START RECORDS

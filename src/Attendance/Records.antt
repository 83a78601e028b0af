-- ===== src/Attendance/Records.antt =====
-- The table class_session_records: its unique key, and the statements
-- INSERT … ON CONFLICT (student_id, course_id, session_date) DO UPDATE of the service.
pub mod Upsert
use attendence_v.Prelude.{
  ℕ, Bool, true, false, ◌&&◌, ◌≡◌, Option, none, some, List, [], ◌∷◌, ◌==◌, if◌then◌else◌,
}
use attendence_v.Storage.Models.{ClassSessionRecord}

-- The conflict target of both statements.
unfoldable pub has_key : ℕ → ℕ → ℕ → ClassSessionRecord → Bool
has_key student course date r =
    student == r.student_id && course == r.course_id && date == r.session_date

unfoldable pub find_record : ℕ → ℕ → ℕ → List ClassSessionRecord → Option ClassSessionRecord
find_record student course date [] = none
find_record student course date (r ∷ rs) =
    if has_key student course date r then some r else find_record student course date rs

-- `UniqueConstraint("student_id", "course_id", "session_date")`
abbrev pub IsKeyed : List ClassSessionRecord → Type 0
IsKeyed [] = Unit
IsKeyed (r ∷ rs) = (find_record r.student_id r.course_id r.session_date rs ≡ none) × IsKeyed rs

-- The `set_` clause: from the row in place and the excluded row, the updated row.
abbrev pub Update : Type 0
Update = ClassSessionRecord → ClassSessionRecord → ClassSessionRecord

-- The row that the statement leaves for its key.
abbrev pub merged : Update → ClassSessionRecord → Option ClassSessionRecord → ClassSessionRecord
merged set_ new none = new
merged set_ new (some old) = set_ old new

unfoldable pub upsert :
    Update → ClassSessionRecord → List ClassSessionRecord → List ClassSessionRecord
upsert set_ new [] = new ∷ []
upsert set_ new (r ∷ rs) =
    let rest = upsert set_ new rs in
    if has_key new.student_id new.course_id new.session_date r then set_ r new ∷ rs else r ∷ rest

-- One statement with many VALUES.
unfoldable pub upsert_all :
    Update → List ClassSessionRecord → List ClassSessionRecord → List ClassSessionRecord
upsert_all set_ [] records = records
upsert_all set_ (new ∷ news) records = upsert_all set_ news (upsert set_ new records)
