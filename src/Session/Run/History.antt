-- ===== src/Session/Run/History.antt =====
-- src/system/timestamp.rs: what the operations on a list of records leave true of its records.
use sudo_rs.Prelude.{ℕ, Bool, true, false, List, [], ◌∷◌, ◌++◌}
use sudo_rs.Prelude.{◌≡◌, ◌∙◌, inl, inr}
use mathlib.Core.Path.{subst}
use sudo_rs.Prelude.Tests.{Bool-cases, Option-cases}
use sudo_rs.Prelude.Lists.{All, All-append, All-append_both}
use sudo_rs.Session.Time.{SystemTime, Duration, checked_sub}
use sudo_rs.Session.Record.{RecordScope, SessionRecord, matches, scope_eq, written_between}
use sudo_rs.Session.Record.Scope.{matches_self}
use sudo_rs.Session.Records.{
  Rejected, absent, present, Divide-cases, chosen_by_touch, with_time, touched, created_in,
  disabled_one, disabled,
}
use sudo_rs.Session.Run.{
  Operation, opening, touching, creating, disabling, resetting, performed, runs,
}

-- A test on records that no operation makes true, but one that creates.
pub record IsStable (test : SessionRecord → Bool) : Type 0 where
  pub of_time : (r : SessionRecord) (t : SystemTime) → test (with_time t r) ≡ test r
  pub of_disabled :
      (r : SessionRecord) → test r ≡ false → test (record r { enabled = false }) ≡ false

-- What a creation has to be for the test to stay false.
abbrev pub Harmless : (SessionRecord → Bool) → Operation → Type 0
Harmless test (creating new_time scope auth_user) =
    (r : SessionRecord)
    → matches r scope auth_user ≡ true
    → test (record r { timestamp = new_time; enabled = true }) ≡ false
Harmless test opening = Unit
Harmless test (touching now new_time timeout scope auth_user) = Unit
Harmless test (disabling scope) = Unit
Harmless test resetting = Unit

replace-Rejected :
    (test : SessionRecord → Bool) (before : List SessionRecord) (r r' : SessionRecord)
    (after : List SessionRecord)
    → Rejected test (before ++ (r ∷ after))
    → test r' ≡ false
    → Rejected test (before ++ (r' ∷ after))
replace-Rejected test before r r' after v n =
    let P : SessionRecord → Type 0 = λ s. test s ≡ false in
    let (v₀, v₁) = All-append P before (r ∷ after) v in All-append_both P before _ v₀ (n, v₁.1)

module _ (test : SessionRecord → Bool) (stable : IsStable test) where
  touched-Rejected :
      (now new_time : SystemTime) (timeout : Duration) (scope : RecordScope) (auth_user : ℕ)
      (rs : List SessionRecord)
      → Rejected test rs
      → Rejected test (touched now new_time timeout scope auth_user rs).0
  unfolding touched
  touched-Rejected now new_time timeout scope auth_user rs v =
      elim (Divide-cases (chosen_by_touch scope auth_user) rs) [
        | absent s _ ↦ rw (s, touched) v
        | present before r after s q _ _ ↦ elim (Option-cases (checked_sub now timeout)) [
          | inl over ↦ rw (s, over, touched) v
          | inr (early, some_early) ↦ elim (Bool-cases (written_between r early now)) [
            | inl recent ↦
                let v' = subst (Rejected test) q v in
                let n = (All-append (λ s. test s ≡ false) before (r ∷ after) v').1.0 in
                rw (s, some_early, recent, touched)
                  (replace-Rejected test before r (with_time new_time r) after v'
                    (stable.of_time r new_time ∙ n))
            | inr old ↦ rw (s, some_early, old, touched) v
          ]
        ]
      ]

  created_in-Rejected :
      (new_time : SystemTime) (scope : RecordScope) (auth_user : ℕ) (rs : List SessionRecord)
      → Harmless test (creating new_time scope auth_user)
      → matches
          (record { scope = scope; auth_user = auth_user; timestamp = new_time; enabled = true })
          scope
          auth_user
        ≡ true
      → Rejected test rs
      → Rejected test (created_in new_time scope auth_user rs).0
  unfolding created_in
  created_in-Rejected new_time scope auth_user rs h m v =
      elim (Divide-cases (λ r. matches r scope auth_user) rs) [
        | absent a _ ↦ rw (a, created_in) (All-append_both (λ s. test s ≡ false) rs _ v (h _ m, tt))
        | present before r after p q _ y ↦
            rw (p, created_in)
              (replace-Rejected test before r _ after (subst (Rejected test) q v) (h r y))
      ]

  disabled-Rejected :
      (scope : RecordScope) (rs : List SessionRecord)
      → Rejected test rs
      → Rejected test (disabled scope rs)
  unfolding disabled_one
  disabled-Rejected scope [] v = tt
  disabled-Rejected scope (r ∷ rs) v =
      let one : test (disabled_one scope r) ≡ false = elim (Bool-cases (scope_eq r.scope scope)) [
        | inl same ↦ rw (same, disabled_one) (stable.of_disabled r v.0)
        | inr other ↦ rw (other, disabled_one) v.0
      ] in
      (one, disabled-Rejected scope rs v.1)

  performed-Rejected :
      (op : Operation) (rs : List SessionRecord)
      → Harmless test op
      → Rejected test rs
      → Rejected test (performed op rs).0
  unfolding performed
  performed-Rejected opening rs h v = v
  performed-Rejected (touching now new_time timeout scope auth_user) rs h v =
      touched-Rejected now new_time timeout scope auth_user rs v
  performed-Rejected (creating new_time scope auth_user) rs h v =
      created_in-Rejected new_time scope auth_user rs h (matches_self scope auth_user new_time true)
        v
  performed-Rejected (disabling scope) rs h v = disabled-Rejected scope rs v
  performed-Rejected resetting rs h v = tt

  -- A test that is false of all records stays so.
  pub runs-Rejected :
      (ops : List Operation) (rs : List SessionRecord)
      → All (Harmless test) ops
      → Rejected test rs
      → Rejected test (runs ops rs).0
  unfolding runs
  runs-Rejected [] rs h v = v
  runs-Rejected (op ∷ ops) rs h v =
      runs-Rejected ops (performed op rs).0 h.1 (performed-Rejected op rs h.0 v)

END RECORDS

## EXERCISE AIM
Working from the records above, write out verbatim only the lines from the line containing "unfolding disabled_one" through the line containing "performed-Rejected (touching now".

## SOLUTION TO THE PROBLEM
  unfolding disabled_one
  disabled-Rejected scope [] v = tt
  disabled-Rejected scope (r ∷ rs) v =
      let one : test (disabled_one scope r) ≡ false = elim (Bool-cases (scope_eq r.scope scope)) [
        | inl same ↦ rw (same, disabled_one) (stable.of_disabled r v.0)
        | inr other ↦ rw (other, disabled_one) v.0
      ] in
      (one, disabled-Rejected scope rs v.1)

  performed-Rejected :
      (op : Operation) (rs : List SessionRecord)
      → Harmless test op
      → Rejected test rs
      → Rejected test (performed op rs).0
  unfolding performed
  performed-Rejected opening rs h v = v
  performed-Rejected (touching now new_time timeout scope auth_user) rs h v =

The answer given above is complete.